■ WORK ITEM
Repeat the stretch of entries below from the line with "length ps < fuel" through the line with "bytes ∷ (close_file dump).saved)". Include both ends and add nothing.

*** INPUT FOR THIS TASK ***

-- ===== src/Config/Text.antt =====
-- The text functions that the configuration file is read with: `trim` and what it takes from the C
-- library.
pub mod Trim
use xiaozhi.Base.{
  ℕ, zero, suc, ◌+◌, ◌-◌, ◌*◌, Bool, true, false, ◌&&◌, ◌||◌, List, [], ◌∷◌, ◌++◌, Option, none,
  some, ◌==◌, leb, if◌then◌else◌,
}
use xiaozhi.Base.Int.{ℤ, pos, negsuc}
use xiaozhi.Base.Strings.{Bytes, is_empty}

-- `isspace` in the C locale.
unfoldable pub is_space : ℕ → Bool
is_space c = c == b' ' || (leb 9 c && leb c 13)

-- `while (*s && isspace(*s)) s++;`
unfoldable pub skip_space : Bytes → Bytes
skip_space [] = []
skip_space (c ∷ s) = if is_space c then skip_space s else c ∷ s

-- `while (end > s && isspace(*end)) *end-- = '\0';`
unfoldable pub strip_space : Bytes → Bytes
strip_space [] = []
strip_space (c ∷ s) = let r = strip_space s in if is_empty r && is_space c then [] else c ∷ r

unfoldable pub trim : Bytes → Bytes
trim s = strip_space (skip_space s)

-- `strchr`: the parts in front of the first `c` and behind it.
unfoldable pub cut : ℕ → Bytes → Option (Bytes × Bytes)
cut c [] = none
cut c (x ∷ s) =
    if x == c
    then some ([], s)
    else (elim (cut c s) [ none ↦ none | some (a, b) ↦ some (x ∷ a, b) ])

-- `strtok_r(…, "\n", …)`, called until it returns NULL: the lines that are not empty.
add_line : Bytes → List Bytes → List Bytes
add_line [] ls = ls
add_line line ls = line ∷ ls

split_lines : Bytes → Bytes → List Bytes
split_lines line [] = add_line line []
split_lines line (c ∷ s) =
    if c == b'\n' then add_line line (split_lines [] s) else split_lines (line ++ c ∷ []) s

unfoldable pub tokens : Bytes → List Bytes
unfolding add_line split_lines
tokens = split_lines []

is_digit : ℕ → Bool
is_digit c = leb b'0' c && leb c b'9'

digits_from : ℕ → Bytes → ℕ
digits_from n [] = n
digits_from n (c ∷ s) = if is_digit c then digits_from (n * 10 + (c - b'0')) s else n

-- -n
abbrev negative : ℕ → ℤ
negative zero = pos 0
negative (suc n) = negsuc n

signed : Bytes → ℤ
signed [] = pos 0
signed (c ∷ s) =
    if c == b'-'
    then negative (digits_from 0 s)
    else if c == b'+'
    then pos (digits_from 0 s)
    else pos (digits_from 0 (c ∷ s))

-- The number at the start of a text; its value out of the range of `int` is undefined in C.
unfoldable pub atoi : Bytes → ℤ
unfolding is_digit digits_from signed is_space skip_space
atoi s = signed (skip_space s)
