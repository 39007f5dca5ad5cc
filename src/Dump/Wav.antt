-- ===== src/Dump/Wav.antt =====
-- tools/decode_opus_dump.c: `write_wav_header` and `main`. What libopus makes of a packet, whether the
-- files open and whether the writes succeed are arguments.
pub mod Fields
use xiaozhi.Base.{
  ℕ, zero, suc, ◌+◌, ◌*◌, ◌/◌, ◌%◌, ◌^◌, ◌≡◌, ◌<◌, refl, Bool, not, List, [], ◌∷◌, ◌++◌, Option,
  none, some, ◌==◌, if◌then◌else◌, length, take, arith,
}
use xiaozhi.Base.Memory.{copy_at}
use xiaozhi.Base.Strings.{Bytes, codes}
use xiaozhi.Dump.Decode.{End, unwritten, no_memory, Decoded, Host, read_packets}

-- The bytes of a `uint16_t` and of a `uint32_t`.
unfoldable pub le16 : ℕ → Bytes
le16 n = n % 256 ∷ (n / 256) % 256 ∷ []

unfoldable pub le32 : ℕ → Bytes
le32 n = n % 256 ∷ (n / 256) % 256 ∷ (n / 65536) % 256 ∷ (n / 16777216) % 256 ∷ []

-- The 44 bytes of the header.
unfoldable pub wav_header : ℕ → ℕ → ℕ → ℕ → Bytes
unfolding le16 le32
wav_header data_size sample_rate channels bits_per_sample =
    codes "RIFF"
    ++ (le32 ((36 + data_size) % 2 ^ 32)
        ++ (codes "WAVE"
            ++ (codes "fmt "
                ++ (le32 16
                    ++ (le16 1
                        ++ (le16 channels
                            ++ (le32 sample_rate
                                ++ (le32 (((sample_rate * channels * bits_per_sample) % 2 ^ 32) / 8)
                                    ++ (le16 (((channels * bits_per_sample) / 8) % 2 ^ 16)
                                        ++ (le16 bits_per_sample
                                            ++ (codes "data" ++ le32 data_size)))))))))))

-- `fseek` to the start, and `fwrite` of the header over what is there.
unfoldable pub write_wav_header : Bytes → ℕ → Bytes
write_wav_header file data_size = copy_at file 0 (wav_header data_size 16000 1 16)

abbrev pub pcm_of : Option Bytes → Bytes
pcm_of none = []
pcm_of (some pcm) = pcm

-- What the loop writes behind the header, and `data_size`: `decode` is what libopus makes of the i-th
-- packet, and `short` the number of bytes that a write that fails has taken.
unfoldable pub write_pcm : (ℕ → Bytes → Option Bytes) → End → ℕ → ℕ → List Bytes → Bytes × ℕ
write_pcm decode stop short i [] = ([], 0)
write_pcm decode unwritten short i (p ∷ []) = (take short (pcm_of (decode i p)), 0)
write_pcm decode stop short i (p ∷ packets) =
    let pcm = pcm_of (decode i p) in
    let (rest, size) = write_pcm decode stop short (i + 1) packets in
    (pcm ++ rest, (length pcm + size) % 2 ^ 32)

-- The exit status, and the output file if it was opened.
pub record Exit : Type 0 where
  pub status : ℕ
  pub output : Option Bytes

-- The placeholder of the header, the samples, and the header at the end.
unfoldable pub finish : (ℕ → Bytes → Option Bytes) → ℕ → Decoded → Exit
unfolding write_pcm
finish decode short d =
    let (pcm, data_size) = write_pcm decode d.stop short 0 d.packets in
    let file = write_wav_header [] 0 ++ pcm in
    elim d.stop [
      | no_memory ↦ record { status = 1; output = some file }
      | _ ↦ record { status = 0; output = some (write_wav_header file data_size) }
    ]

-- `main`, with fuel for its loop; `input` is the dump, if it opens.
unfoldable pub main :
    ℕ → Host → (ℕ → Bytes → Option Bytes) → ℕ → Option Bytes → Bool → Bool → Option Exit
main fuel host decode short none output_opens decoder_created =
    some (record { status = 1; output = none })
main fuel host decode short (some file) output_opens decoder_created =
    if not output_opens
    then some (record { status = 1; output = none })
    else if not decoder_created
    then some (record { status = 1; output = some (write_wav_header [] 0) })
    else (elim (read_packets fuel host 0 file) [
      | none ↦ none
      | some d ↦ some (finish decode short d)
    ])
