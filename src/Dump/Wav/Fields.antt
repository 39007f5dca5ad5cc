-- ===== src/Dump/Wav/Fields.antt =====
-- What a reader of WAV files finds in the output of the tool.
use xiaozhi.Base.{
  ℕ, ◌+◌, ◌*◌, ◌^◌, ◌≡◌, ◌<◌, refl, ap, Bool, true, List, [], ◌∷◌, ◌++◌, Option, some, length,
  length-append, drop, arith,
}
use xiaozhi.Base.Memory.{copy_at, slice}
use xiaozhi.Base.Strings.{Bytes, codes}
use xiaozhi.Dump.{Dump, open_dump, close_dump, close_file}
use xiaozhi.Dump.Decode.{finished, Host}
use xiaozhi.Dump.Laws.{AllSized, record_all, record-decode}
use xiaozhi.Dump.Wav.{le16, le32, wav_header, write_wav_header, pcm_of, write_pcm, finish, main}

-- The number that some bytes stand for, the lowest first.
abbrev pub number : Bytes → ℕ
number [] = 0
number (b ∷ bytes) = b + 256 * number bytes

-- The number in a field of a file.
abbrev pub field : Bytes → ℕ → ℕ → ℕ
field file offset size = number (slice file offset size)

-- A header for samples of so many bytes, rate, channels and bits, in front of anything.
pub record Describes (file : Bytes) (size sample_rate channels bits : ℕ) : Type 0 where
  pub riff : slice file 0 4 ≡ codes "RIFF"
  pub riff_size : field file 4 4 ≡ 36 + size
  pub wave : slice file 8 8 ≡ codes "WAVEfmt "
  pub pcm_format : field file 20 2 ≡ 1
  pub channel_count : field file 22 2 ≡ channels
  pub samples_per_second : field file 24 4 ≡ sample_rate
  pub bytes_per_second : 8 * field file 28 4 ≡ sample_rate * channels * bits
  pub bytes_per_frame : 8 * field file 32 2 ≡ channels * bits
  pub bits_per_sample : field file 34 2 ≡ bits
  pub data_name : slice file 36 4 ≡ codes "data"
  pub data_size : field file 40 4 ≡ size

header-Describes :
    (size : ℕ) (rest : Bytes)
    → 36 + size < 2 ^ 32
    → Describes (wav_header size 16000 1 16 ++ rest) size 16000 1 16
unfolding wav_header le16 le32
header-Describes size rest h = record {
  riff = refl;
  riff_size = omega arith;
  wave = refl;
  pcm_format = refl;
  channel_count = refl;
  samples_per_second = refl;
  bytes_per_second = refl;
  bytes_per_frame = refl;
  bits_per_sample = refl;
  data_name = refl;
  data_size = omega arith;
}

-- The samples of all packets.
abbrev pub all_pcm : (ℕ → Bytes → Option Bytes) → ℕ → List Bytes → Bytes
all_pcm decode i [] = []
all_pcm decode i (p ∷ ps) = pcm_of (decode i p) ++ all_pcm decode (i + 1) ps

write_pcm-all :
    (decode : ℕ → Bytes → Option Bytes) (short i : ℕ) (ps : List Bytes)
    → length (all_pcm decode i ps) < 2 ^ 32
    → write_pcm decode finished short i ps ≡ (all_pcm decode i ps, length (all_pcm decode i ps))
unfolding write_pcm
write_pcm-all decode short i [] h = refl
write_pcm-all decode short i (p ∷ ps) h =
    let pcm = pcm_of (decode i p) in
    let total = length-append pcm (all_pcm decode (i + 1) ps) in
    let rest = write_pcm-all decode short (i + 1) ps (omega (arith, total)) in
    rw rest (ap (λ n. (pcm ++ all_pcm decode (i + 1) ps, n)) (omega (arith, total, h)))

-- The header at the end is written over the placeholder.
patched :
    (pcm : Bytes) (size : ℕ)
    → write_wav_header (write_wav_header [] 0 ++ pcm) size ≡ wav_header size 16000 1 16 ++ pcm
unfolding write_wav_header wav_header le16 le32 copy_at
patched pcm size = refl

after_header : (size : ℕ) (pcm : Bytes) → drop 44 (wav_header size 16000 1 16 ++ pcm) ≡ pcm
unfolding wav_header le16 le32
after_header size pcm = refl

-- A dump that an upload recorded becomes a WAV file: from packets of 1 to 65535 bytes that are each
-- written whole, the program saves a file from which the tool makes one with exit status 0, and a
-- reader of that file finds a header for 16-bit samples of one channel at 16000 Hz with the true
-- number of bytes of samples, and behind it the samples of all packets, in order. The tool opens its
-- files, gets its memory, writes its samples, and they are fewer than 2^32 - 36 bytes; more rounds
-- than packets are fuel enough.
pub recorded_plays :
    (dump : Dump) (tmp : Bool) (host : Host) (decode : ℕ → Bytes → Option Bytes) (short fuel : ℕ)
    (ps : List Bytes)
    → ((n : ℕ) → host.memory n ≡ true)
    → ((p : Bytes) → host.samples_written p ≡ true)
    → AllSized ps
    → length ps < fuel
    → 36 + length (all_pcm decode 0 ps) < 2 ^ 32
    → (bytes : Bytes) × (wav : Bytes) × ((close_dump
          (record_all (open_dump dump true tmp).1 ps)
          true).saved
        ≡ bytes ∷ (close_file dump).saved)
      × (main fuel host decode short (some bytes) true true
          ≡ some (record { status = 0; output = some wav }))
      × Describes wav (length (all_pcm decode 0 ps)) 16000 1 16
      × (drop 44 wav ≡ all_pcm decode 0 ps)
unfolding main finish
recorded_plays dump tmp host decode short fuel ps m w sized f h =
    let (bytes, saved, read) = record-decode dump tmp host fuel ps m w sized f in
    let pcm = all_pcm decode 0 ps in
    let total = write_pcm-all decode short 0 ps (omega arith) in
    (
      bytes,
      wav_header (length pcm) 16000 1 16 ++ pcm,
      saved,
      rw (read, total, patched pcm (length pcm)) refl,
      header-Describes (length pcm) pcm h,
      after_header (length pcm) pcm,
    )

*** End of INPUT FOR THIS TASK ***

■ TASK RESPONSE
    → length ps < fuel
    → 36 + length (all_pcm decode 0 ps) < 2 ^ 32
    → (bytes : Bytes) × (wav : Bytes) × ((close_dump
          (record_all (open_dump dump true tmp).1 ps)
          true).saved
        ≡ bytes ∷ (close_file dump).saved)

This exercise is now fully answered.